No Good Bands Play South Florida

…Here’s Why

by Ryan Buynak

When you love a band, it can feel like a personal slight when they don't bring their tour to your neck of the woods. And if you live in Florida – especially South Florida – chances are your favorite band (exceptions apply) skips the state altogether or only stops in one city in the north.

Florida is a big ass state!

If you look at the myriad of tour dates coming out, most — if not all — are missing the lower 95% of Florida. Tampa is gross. Daytona doesn’t count. Sure, Orlando is moving up the cool ladder. St. Augustine and Jacksonville might as well be Georgia. But isn't South Florida the third-most populous area in America? Isn't it full of major cities? So why don’t bands come to South Florida? Well, we have a few questionable answers for you. 

Geography

Planning and executing — or "routing" — a tour can be expensive, and getting to far-flung cities eats up extra time and money. The hassle of getting buses into and out of a peninsula like Florida scares many bands off, because you have to drive down, then backtrack and drive up the same way you came. 

Perception

For all its hip neighborhoods and booming craft breweries, South Florida still isn't a mecca of cultural coolness. Sure, Miami is fun, but it is known more for babe beaches and neon nightlife with pulse-pounding dance music, not live music. 

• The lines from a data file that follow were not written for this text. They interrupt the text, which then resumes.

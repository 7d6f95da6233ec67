-- ===== src/Arbitration/Setup/Namespaces.antt =====
-- What `register_ns` of examples/arbitration/arbitration.cc accepts.
use zns_emulation_bench.Prelude.{
  ℕ, ◌+◌, ◌*◌, ◌/◌, ◌%◌, ◌^◌, ◌≤◌, ◌<◌, ◌≡◌, true, false, inl, inr, ◌⊎◌, ◌≢◌, Bool-cases, if_true,
  if_false, [], ◌∷◌, ◌++◌, u32, arith,
}
use zns_emulation_bench.Exec.{done}
use zns_emulation_bench.Arbitration.{NsEntry}
use zns_emulation_bench.Arbitration.Worker.Invariant.{IsEntry}
use zns_emulation_bench.Arbitration.Setup.{App, Namespace, new_entry, register_ns, is_unsuitable}

-- What SPDK guarantees of a namespace: sectors are not empty, an extended sector holds its sector, and
-- the size is a `uint64_t`.
pub record IsNamespace (ns : Namespace) : Type 0 where
  pub sector : 0 < ns.sector_size
  pub extended : ns.sector_size ≤ ns.extended_sector_size
  pub word : ns.size < 2 ^ 64

-- The entry has at least one I/O of at least one block, and all its I/Os lie in the namespace.
pub record Covers (ns : Namespace) (entry : NsEntry) : Type 0 where
  pub some_io : 0 < entry.size_in_ios
  pub some_block : 0 < entry.io_size_blocks
  pub inside : entry.size_in_ios * entry.io_size_blocks * ns.sector_size ≤ ns.size

div_pos : (a b : ℕ) → 0 < b → b ≤ a → 0 < a / b
div_pos a b h l = grind arith

mul_div : (a b : ℕ) → a / b * b ≤ a
mul_div a b = grind arith

div_le : (a b : ℕ) → a / b ≤ a
div_le a b = grind arith

times_le : (q a b : ℕ) → a ≤ b → q * a ≤ q * b
times_le q a b h = grind arith

covered : (size io sector : ℕ) → (size / io) * (io / sector) * sector ≤ size
covered size io sector =
    omega
      (arith, times_le (size / io) (io / sector * sector) io (mul_div io sector), mul_div size io)

suitable_new_entry :
    (io ctrlr : ℕ) (ns : Namespace)
    → IsNamespace ns
    → io < 2 ^ 32
    → io ≤ ns.size
    → ns.extended_sector_size ≤ io
    → Covers ns (new_entry io ctrlr ns) × IsEntry (new_entry io ctrlr ns)
suitable_new_entry io ctrlr ns v small large wide = (
  record {
    some_io = div_pos ns.size io (omega (arith, v.sector, v.extended)) large;
    some_block = rw narrow (div_pos io ns.sector_size v.sector (omega (arith, v.extended)));
    inside = rw narrow (covered ns.size io ns.sector_size);
  },
  record { fits = omega (arith, div_le ns.size io, v.word); whole = rw narrow whole },
)
  where
    narrow : u32 (io / ns.sector_size) ≡ io / ns.sector_size
    narrow = omega (arith, div_le io ns.sector_size)

    whole : ns.size / io * (io / ns.sector_size) < 2 ^ 64
    whole = omega (
      arith,
      times_le (ns.size / io * (io / ns.sector_size)) 1 ns.sector_size v.sector,
      covered ns.size io ns.sector_size,
      v.word,
    )

-- For a namespace as SPDK reports them, an I/O size of 32 bits and an entry that is allocated: the
-- namespace is left out, and is smaller than an I/O, or an I/O is no whole number of extended sectors; or
-- it holds an I/O, and an I/O is a whole number of extended sectors, at least one, and it gets the last place in the list and is counted, with an entry that has at
-- least one I/O, whose I/Os all lie in it, and whose blocks a `uint64_t` counts.
pub register_ns_cases :
    (ctrlr : ℕ) (ns : Namespace) (app : App)
    → IsNamespace ns
    → app.arb.io_size_bytes < 2 ^ 32
    → let io = app.arb.io_size_bytes in
      let entry = new_entry io ctrlr ns in
      ((ns.size < io) ⊎ (io < ns.extended_sector_size) ⊎ (io % ns.extended_sector_size ≢ 0))
        × (register_ns true ctrlr ns app ≡ done app)
      ⊎ (io ≤ ns.size)
        × (ns.extended_sector_size ≤ io)
        × (io % ns.extended_sector_size ≡ 0)
        × (register_ns true ctrlr ns app
            ≡ done (record app {
              arb = record (app.arb) { num_namespaces = app.arb.num_namespaces + 1 };
              namespaces = app.namespaces ++ entry ∷ [];
            }))
        × Covers ns entry
        × IsEntry entry
unfolding register_ns
register_ns_cases ctrlr ns app v small =
    elim (Bool-cases (is_unsuitable app.arb.io_size_bytes ns)) [
      | inl e ↦ inl (misfit e, if_true _ _ e)
      | inr e ↦ inr (
        ground (arith, e),
        ground (arith, e),
        ground (arith, e),
        if_false _ _ e,
        (fit e).0,
        (fit e).1,
      )
    ]
  where
    misfit :
        is_unsuitable app.arb.io_size_bytes ns ≡ true
        → (ns.size < app.arb.io_size_bytes)
          ⊎ (app.arb.io_size_bytes < ns.extended_sector_size)
          ⊎ (app.arb.io_size_bytes % ns.extended_sector_size ≢ 0)
    misfit e = ground arith

    fit :
        is_unsuitable app.arb.io_size_bytes ns ≡ false
        → Covers ns (new_entry app.arb.io_size_bytes ctrlr ns)
          × IsEntry (new_entry app.arb.io_size_bytes ctrlr ns)
    fit e = suitable_new_entry app.arb.io_size_bytes ctrlr ns v small (ground arith) (ground arith)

Jacksonville Doesn’t Count

If a band tours to Florida but stops short and only plays a northern location like Jacksonville or St. Augustine, can said band really say they toured the state of Florida? Going this route is like playing New York City and saying you tackled the entire state of New York. Fort Lauderdale to Jacksonville is at least a five hour drive. The markets are not the same. 

Encore

Sure, whole states like Wyoming get skipped a lot, but Florida is sunny and filled with cities. Pearl Jam may make their way via the arena route, boomer bands like Graham Nash and co make the pilgrimage annually, and Pitbull is always somehow killing it in Miami, but unique and/or indie bands, like the Canadian indie rockers Tokyo Police Club for example, rarely come close to West Palm Beach. As summer approaches and the tour posters are pinned all over social media, it sucks (another reason) to live and linger in South Florida.